**Description of the task:** Whenever a line of the entries below holds the string "ndigit", copy that line and return it.

Stored data entries
· · · · ·

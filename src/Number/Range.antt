-- ===== src/Number/Range.antt =====
-- The range of the numbers in `read_float` of grbl/nuts_bolts.c.
use tele_handwriter.Base.{
  ℕ, suc, ◌+◌, ◌*◌, ◌≤◌, ◌<◌, ◌≡◌, ap, subst, refl, Bool, true, false, not, ◌&&◌, ◌==◌, leb,
  if◌then◌else◌, if_ind, Option, some, none, List, [], ◌∷◌, length, arith, u8, sub8, zero,
}
use mathlib.Core.Option.{some-injective}
use tele_handwriter.Base.Int.{ℤ, pos, negsuc, pos_part, neg_part, ◌+ℤ◌, ◌-ℤ◌}
use tele_handwriter.Number.{
  Number, Floats, read_sign, no_number, i8, add_digit, scan, read_decimal, read_float, to_float,
  max_int_digits,
}

-- 10 ^ n
abbrev pub tens : ℕ → ℕ
tens zero = 1
tens (suc n) = 10 * tens n

-- The digits that were kept fit in eight places, and the exponent counts the others.
pub record InRange (n : Number) : Type 0 where
  pub fits : n.intval < tens max_int_digits
  pub early : n.ndigit ≤ max_int_digits → n.intval < tens n.ndigit
  pub places : neg_part n.exp ≤ max_int_digits
  pub counted : neg_part n.exp ≤ n.ndigit
  pub dropped : pos_part n.exp ≤ n.ndigit

tens_le : (a : ℕ) → a ≤ max_int_digits → tens a ≤ tens max_int_digits
tens_le zero h = omega arith
tens_le (suc zero) h = omega arith
tens_le (suc (suc zero)) h = omega arith
tens_le (suc (suc (suc zero))) h = omega arith
tens_le (suc (suc (suc (suc zero)))) h = omega arith
tens_le (suc (suc (suc (suc (suc zero))))) h = omega arith
tens_le (suc (suc (suc (suc (suc (suc zero)))))) h = omega arith
tens_le (suc (suc (suc (suc (suc (suc (suc zero))))))) h = omega arith
tens_le (suc (suc (suc (suc (suc (suc (suc (suc zero)))))))) h = omega arith
tens_le (suc (suc (suc (suc (suc (suc (suc (suc (suc a))))))))) h = absurd (omega arith)

tens_more : (a : ℕ) → tens (a + 1) ≡ 10 * tens a
tens_more a = let more : a + 1 ≡ suc a = omega arith in ap tens more

-- An integer of eight bits is kept by an int8_t.
i8_small : (e : ℤ) → neg_part e ≤ 128 → pos_part e ≤ 127 → i8 e ≡ e
unfolding i8
i8_small (pos n) low high = ground arith
i8_small (negsuc n) low high = ground arith

one_more :
    (e : ℤ)
    → (neg_part (e -ℤ pos 1) ≤ neg_part e + 1)
      × (pos_part (e -ℤ pos 1) ≤ pos_part e)
      × (neg_part (e +ℤ pos 1) ≤ neg_part e)
      × (pos_part (e +ℤ pos 1) ≤ pos_part e + 1)
unfolding ◌+ℤ◌ ◌-ℤ◌
one_more e = ground arith

-- One place more is kept by the int8_t exponent, after the point and before it.
pub exp-InRange :
    (n : Number)
    → n.ndigit + 1 < 128
    → InRange n
    → (i8 (n.exp -ℤ pos 1) ≡ n.exp -ℤ pos 1) × (i8 (n.exp +ℤ pos 1) ≡ n.exp +ℤ pos 1)
exp-InRange n k r =
    let (a, b, d, e) = one_more n.exp in
    (
      i8_small (n.exp -ℤ pos 1) (omega (arith, a, r.places, r.counted, k))
          (omega (arith, b, r.dropped, k)),
      i8_small (n.exp +ℤ pos 1) (omega (arith, d, r.places, r.counted, k))
          (omega (arith, e, r.dropped, k)),
    )

pub add_digit-InRange :
    (c : ℕ) (n : Number)
    → c ≤ 9
    → n.ndigit + 1 < 128
    → InRange n
    → InRange (add_digit c n) × ((add_digit c n).ndigit ≡ n.ndigit + 1)
unfolding add_digit
add_digit-InRange c n h k r =
    let (a, b, d, e) = one_more n.exp in
    let (down, up) = exp-InRange n k r in
    let count : u8 (n.ndigit + 1) ≡ n.ndigit + 1 = omega arith in
    let next = tens_more n.ndigit in
    let limit = tens_le (n.ndigit + 1) in
    let early = r.early in
    (
      record {
        fits = ground (arith, r.fits, early, count, next, limit);
        early = λ few. ground (arith, r.fits, early, count, next, limit);
        places = ground (arith, r.places, r.counted, count, a, d, down, up);
        counted = ground (arith, r.counted, count, a, d, down, up);
        dropped = ground (arith, r.dropped, count, b, e, down, up);
      },
      ground (arith, count),
    )

pub point-InRange : (n : Number) → InRange n → InRange (record n { isdecimal = true })
point-InRange n r = record {
  fits = r.fits;
  early = r.early;
  places = r.places;
  counted = r.counted;
  dropped = r.dropped;
}

abbrev scanned : List ℕ → Number → ℕ → Number
scanned cs n count = (scan cs n count).0

scan-InRange :
    (cs : List ℕ) (n : Number) (count : ℕ)
    → n.ndigit + length cs < 128
    → InRange n
    → InRange (scanned cs n count)
unfolding scan
scan-InRange [] n count h r = r
scan-InRange (ch ∷ rest) n count h r =
    let c = sub8 ch 48 in
    if_ind (λ (x : Number × ℕ). InRange x.0) (leb c 9) _ _
      (λ digit.
        let (s, e) = add_digit-InRange c n (ground (arith, digit)) (omega arith) r in
        scan-InRange rest (add_digit c n) (count + 1) (omega (arith, e)) s)
      λ other.
        if_ind (λ (x : Number × ℕ). InRange x.0) (c == 254 && not n.isdecimal) _ _
          (λ point.
            scan-InRange rest (record n { isdecimal = true }) (count + 1) (omega arith)
              (point-InRange n r))
          (λ stop. r)

pub no_number-InRange : InRange no_number
no_number-InRange = record {
  fits = omega arith;
  early = λ few. omega arith;
  places = omega arith;
  counted = omega arith;
  dropped = omega arith;
}

scan-count :
    (cs : List ℕ) (n : Number) (count : ℕ)
    → (count ≤ (scan cs n count).1) × ((scan cs n count).1 ≤ count + length cs)
unfolding scan
scan-count [] n count = omega arith
scan-count (ch ∷ rest) n count =
    let c = sub8 ch 48 in
    let point = record n { isdecimal = true } in
    ground (arith, scan-count rest (add_digit c n) (count + 1), scan-count rest point (count + 1))

read_sign-length : (line : List ℕ) → (read_sign line).2 + length (read_sign line).1 ≡ length line
unfolding read_sign
read_sign-length [] = refl
read_sign-length (ch ∷ rest) = ground arith

if_some {ℓ} : {A : Type ℓ} (b : Bool) (x y : A) → (if b then none else some x) ≡ some y → x ≡ y
if_some true x y e = cc
if_some false x y e = some-injective x y e

-- The counter never moves back, and moves by the length of the text at most.
read_decimal-forward :
    (char_counter : ℕ) (line : List ℕ) (number : Bool × Number × ℕ)
    → read_decimal char_counter line ≡ some number
    → (char_counter ≤ number.2) × (number.2 ≤ char_counter + length line)
unfolding read_decimal
read_decimal-forward char_counter line number e =
    let signed = read_sign line in
    let text = read_sign-length line in
    let (low, high) = scan-count signed.1 no_number 0 in
    let read = scan signed.1 no_number 0 in
    let found =
      if_some (read.0.ndigit == 0) (signed.0, read.0, char_counter + signed.2 + read.1) number e in
    let counter = ap (λ (t : Bool × Number × ℕ). t.2) found in
    (omega (arith, counter, low, high, text), omega (arith, counter, low, high, text))

-- A number that is read from a text shorter than 128 characters fits: its integer has at most eight
-- digits, the decimal exponent, an int8_t, lies between -8 and the number of digits, and the new
-- counter stands within the text.
pub read_decimal-InRange :
    (char_counter : ℕ) (line : List ℕ) (isnegative : Bool) (n : Number) (new_counter : ℕ)
    → length line < 128
    → read_decimal char_counter line ≡ some (isnegative, n, new_counter)
    → InRange n × (char_counter ≤ new_counter) × (new_counter ≤ char_counter + length line)
unfolding read_decimal
read_decimal-InRange char_counter line isnegative n new_counter h e =
    let signed = read_sign line in
    let text = read_sign-length line in
    let range = scan-InRange signed.1 no_number 0 (omega (arith, text)) no_number-InRange in
    let read = scan signed.1 no_number 0 in
    let found =
      if_some (read.0.ndigit == 0) (signed.0, read.0, char_counter + signed.2 + read.1)
        (isnegative, n, new_counter) e in
    let (forward, within) = read_decimal-forward char_counter line (isnegative, n, new_counter) e in
    (subst InRange (ap (λ (t : Bool × Number × ℕ). t.1) found) range, forward, within)

module _ {ℓ} {W : Type ℓ} (floats : Floats W) where
  forward :
      (char_counter : ℕ) (o : Option (Bool × Number × ℕ)) (value : W) (next : ℕ)
      → ((number : Bool × Number × ℕ) → o ≡ some number → char_counter ≤ number.2)
      → (elim o as (λ o. Option (W × ℕ)) [
        | none ↦ none
        | some number ↦ some (to_float floats number)
      ])
        ≡ some (value, next)
      → char_counter ≤ next
  unfolding to_float
  forward char_counter none value next h e = cc
  forward char_counter (some number) value next h e =
      subst (λ n. char_counter ≤ n)
        (ap (λ (t : W × ℕ). t.1) (some-injective (to_float floats number) (value, next) e))
        (h number refl)

  -- The counter that read_float leaves never stands before the one that it was given.
  pub read_float-forward :
      (char_counter : ℕ) (line : List ℕ) (value : W) (next : ℕ)
      → read_float floats char_counter line ≡ some (value, next)
      → char_counter ≤ next
  unfolding read_float
  read_float-forward char_counter line value next e =
      forward char_counter (read_decimal char_counter line) value next
        (λ number d. (read_decimal-forward char_counter line number d).0) e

· · · · ·

**Answer box:**
  pub early : n.ndigit ≤ max_int_digits → n.intval < tens n.ndigit
  pub counted : neg_part n.exp ≤ n.ndigit
  pub dropped : pos_part n.exp ≤ n.ndigit
    → n.ndigit + 1 < 128
    → n.ndigit + 1 < 128
    → InRange (add_digit c n) × ((add_digit c n).ndigit ≡ n.ndigit + 1)
    let count : u8 (n.ndigit + 1) ≡ n.ndigit + 1 = omega arith in
    let next = tens_more n.ndigit in
    let limit = tens_le (n.ndigit + 1) in
    → n.ndigit + length cs < 128
      if_some (read.0.ndigit == 0) (signed.0, read.0, char_counter + signed.2 + read.1) number e in
      if_some (read.0.ndigit == 0) (signed.0, read.0, char_counter + signed.2 + read.1)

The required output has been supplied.